"We seldom write to each other."

"I thought you were bosom friends!—well, she was out alone looking for early snipe—someone had seen one in the fields beyond the bazaar—and while out, she was supposed to have been bitten by a snake——"

"—Why do you say 'supposed'?" Joyce interrupted ready to spring to arms for her friend.

"We'll say she was bitten, if you like; only, people bitten by snakes generally die, and she didn't. She tied a ligature and was limping home when she met Captain Dalton in his car on his way to a dispensary somewhere in the District. He took her up and home to his house where she stayed half the day alone with him. Her mother was week-ending in Calcutta, and Honor was in charge of her father's comforts and the home; but her father happened to have run out to Panipara for a rioting case which he and the police were bothered with; so Miss Honor stayed with the doctor till she thought fit to come home."

"Bitten by a snake!" gasped Joyce in consternation. "Poor Honor!—how terrified she must have been!"
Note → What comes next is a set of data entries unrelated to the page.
-- ===== src/Exit/Kept.antt =====
-- Submissions and previews keep the row of an order that is no longer previewed.
use Prim.Native.String.{String}
use mathlib.Core.Path.{subst}
use text.Mathlib.TextEquality.{eq_iff}
use auto_coin_bot.Common.{
  ℕ, ◌≡◌, refl, sym, ap, ◌∙◌, true, false, ◌&&◌, Option, none, some, List, [], ◌∷◌, arith,
  Bool-cases, inl, inr, any, select_first-update_other, select_first-append, select_first, Bool,
  false, some-injective,
}
use auto_coin_bot.Common.Float.{Float}
use auto_coin_bot.Common.Table.{str_eq}
use auto_coin_bot.Exit.Rows
use auto_coin_bot.Exit.Rows.{Position, Candidate, Log, Store, OrderStatus, RiskResult}
use auto_coin_bot.Exit.Store
use auto_coin_bot.Exit.Store.{is_open_exit_of, get_live_order_log, has_open_exit_order}
use auto_coin_bot.Exit.Check
use auto_coin_bot.Exit.Check.{World}
use auto_coin_bot.Exit.Trigger.{Config}
use auto_coin_bot.Exit.Reconcile.{Exchange}
use auto_coin_bot.Exit.Preview
use auto_coin_bot.Exit.Submit
use auto_coin_bot.Exit.Submit.{Submitted}
use auto_coin_bot.Exit.Rewrites.{Rewrites, Rewrites-trans, unchanged, update-Rewrites}
use auto_coin_bot.Exit.Sending.{after_place-Rewrites, found_id, mark_candidate_of-logs}

-- What may come before the order is reconciled: submissions and previews of any orders.
pub data Act (F : Type 0) : Type 0 where
  submission : Config F → World F → Exchange F → String → String → Act F
  preview : Config F → World F → ℕ → Bool → Bool → String → Act F

module _ {F : Type 0} ⦃num : Float F⦄ where
  unfoldable pub act : Act F → Store F → Store F
  act (submission config w e id text) s = (Submit.submit_exit_order config w e id text s).store
  act (preview config w candidate manual auto id) s =
      (Preview.create_exit_order_preview config w candidate manual auto id s).0

  unfoldable pub acts : List (Act F) → Store F → Store F
  acts [] s = s
  acts (a ∷ rest) s = acts rest (act a s)

  Rewrites-other :
      (id other : String) (s t : Store F)
      → str_eq id other ≡ false
      → Rewrites id s t
      → get_live_order_log other t ≡ get_live_order_log other s
  unfolding get_live_order_log
  Rewrites-other id other s t d r =
      ap (select_first (Store.has_request other)) r.logs
      ∙ select_first-update_other (Store.has_request other) (Store.has_request id) r.by s.logs
          (λ x h. rw ((eq_iff x.request_id id).0 h) d)
          (λ x h. rw (r.owned x).0 (rw ((eq_iff x.request_id id).0 h) d))

  refuse-Rewrites :
      (l : Log F) (result : RiskResult) (s : Store F)
      → Rewrites l.request_id s (Submit.refuse l result s).store
  unfolding Submit.refuse
  refuse-Rewrites l result s =
      let marked = Submit.mark_log l.request_id OrderStatus.blocked result s in
      Rewrites-trans l.request_id s marked _
        (update-Rewrites l.request_id
          (λ m. record m { status = OrderStatus.blocked; risk_result = result }) s
          (λ m. (refl, refl, refl)))
        (unchanged l.request_id marked _
          (mark_candidate_of-logs l.exit_candidate_id OrderStatus.blocked result marked))

  place-Rewrites :
      (e : Exchange F) (l : Log F) (p : Option (Position F)) (s : Store F)
      → Rewrites l.request_id s (Submit.place e l p s).store
  unfolding Submit.place
  place-Rewrites e l p s = after_place-Rewrites e l p (e.place_order (Submit.sent_of l)) s

  submit_previewed-Rewrites :
      (config : Config F) (w : World F) (e : Exchange F) (l : Log F) (s : Store F)
      → Rewrites l.request_id s (Submit.submit_previewed config w e l s).store
  unfolding Submit.submit_previewed
  submit_previewed-Rewrites config w e l s =
      let p = Preview.position_of l.position_id s in
      let risk =
        Check.evaluate_found config w s (Submit.candidate_of l.exit_candidate_id s) p true
          l.is_auto_exit l.request_id in
      elim (Bool-cases risk.allowed) [
        | inl a ↦ rw a (place-Rewrites e l p s)
        | inr a ↦ rw a (refuse-Rewrites l risk.risk_result s)
      ]

  submit_found-keeps :
      (config : Config F) (w : World F) (e : Exchange F) (id other : String) (o : Option (Log F))
      (s : Store F) (m : Log F)
      → Rows.is_previewed m.status ≡ false
      → get_live_order_log other s ≡ some m
      → get_live_order_log id s ≡ o
      → get_live_order_log other (Submit.submit_found config w e o s).store ≡ some m
  unfolding Submit.submit_found
  submit_found-keeps config w e id other none s m n held f = held
  submit_found-keeps config w e id other (some l) s m n held f =
      elim (Bool-cases (Rows.is_previewed l.status && Rows.is_allowed l.risk_result)) [
        | inr k ↦ rw k held
        | inl k ↦ elim (Bool-cases (str_eq id other)) [
          | inl same ↦
              let one : l ≡ m =
                some-injective
                  (sym f ∙ ap (λ i. get_live_order_log i s) ((eq_iff id other).0 same) ∙ held) in
              absurd (sent_already l m one n k)
          | inr d ↦
              let key = found_id id s f in
              rw k (
                Rewrites-other l.request_id other s _ (rw key d)
                  (submit_previewed-Rewrites config w e l s)
                ∙ held)
        ]
      ]
    where
      sent_already :
          (l m : Log F)
          → l ≡ m
          → Rows.is_previewed m.status ≡ false
          → Rows.is_previewed l.status && Rows.is_allowed l.risk_result ≡ true
          → ⊥
      sent_already l m one n k =
          let n' : Rows.is_previewed l.status ≡ false =
            subst (λ x. Rows.is_previewed x.status ≡ false) (sym one) n in
          absurd (ground (arith, n', k))

  submit-keeps :
      (config : Config F) (w : World F) (e : Exchange F) (id text other : String) (s : Store F)
      (m : Log F)
      → Rows.is_previewed m.status ≡ false
      → get_live_order_log other s ≡ some m
      → get_live_order_log other (Submit.submit_exit_order config w e id text s).store ≡ some m
  unfolding Submit.submit_exit_order
  submit-keeps config w e id text other s m n held =
      elim (Bool-cases (str_eq text "SUBMIT LIMIT EXIT ORDER")) [
        | inl k ↦
            rw k (submit_found-keeps config w e id other (get_live_order_log id s) s m n held refl)
        | inr k ↦ rw k held
      ]

  preview_found-keeps :
      (config : Config F) (w : World F) (c : Option (Candidate F)) (manual auto : Bool)
      (id other : String) (s : Store F) (m : Log F)
      → get_live_order_log other s ≡ some m
      → get_live_order_log other (Preview.preview_found config w c manual auto id s).0 ≡ some m
  unfolding Preview.preview_found Store.insert_live_order_log get_live_order_log
      Store.update_exit_candidate
  preview_found-keeps config w none manual auto id other s m held = held
  preview_found-keeps config w (some c) manual auto id other s m held =
      let p = Preview.position_of (some c.position_id) s in
      let risk = Check.evaluate_exit_order config w s c p manual auto id in
      let log = Preview.exit_log_payload c risk id auto in
      elim (Bool-cases (any (Store.has_request log.request_id) s.logs)) [
        | inl k ↦ rw k held
        | inr k ↦ rw k (select_first-append (Store.has_request other) s.logs (log ∷ []) held)
      ]

  preview-keeps :
      (config : Config F) (w : World F) (candidate : ℕ) (manual auto : Bool) (id other : String)
      (s : Store F) (m : Log F)
      → get_live_order_log other s ≡ some m
      → get_live_order_log other
          (Preview.create_exit_order_preview config w candidate manual auto id s).0
        ≡ some m
  unfolding Preview.create_exit_order_preview
  preview-keeps config w candidate manual auto id other s m held =
      preview_found-keeps config w (Store.load_exit_candidate candidate s) manual auto id other s m
        held

  pub acts-keep :
      (rest : List (Act F)) (other : String) (s : Store F) (m : Log F)
      → Rows.is_previewed m.status ≡ false
      → get_live_order_log other s ≡ some m
      → get_live_order_log other (acts rest s) ≡ some m
  unfolding acts act
  acts-keep [] other s m n held = held
  acts-keep (submission config w e id text ∷ rest) other s m n held =
      acts-keep rest other _ m n (submit-keeps config w e id text other s m n held)
  acts-keep (preview config w candidate manual auto id ∷ rest) other s m n held =
      acts-keep rest other _ m n (preview-keeps config w candidate manual auto id other s m held)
"That's best known to herself and him. Since then, you'll observe that there is a sort of understanding between them."

"How do you mean?"

"They seem to be on far better terms than he is with any one else in the Station, and Honor is falling in love with him. I am anything but blind to the symptoms!" and Mrs. Fox struck a match and lighted another cigarette.

"I suppose they grew friendly over the treatment of her wound," said Joyce beginning to understand how it was that the doctor had learned to appreciate Honor Bright. Yet he was "not seeking to marry her."

"I must get Honor to tell me all about it when I see her. Perhaps she does not know I am back?"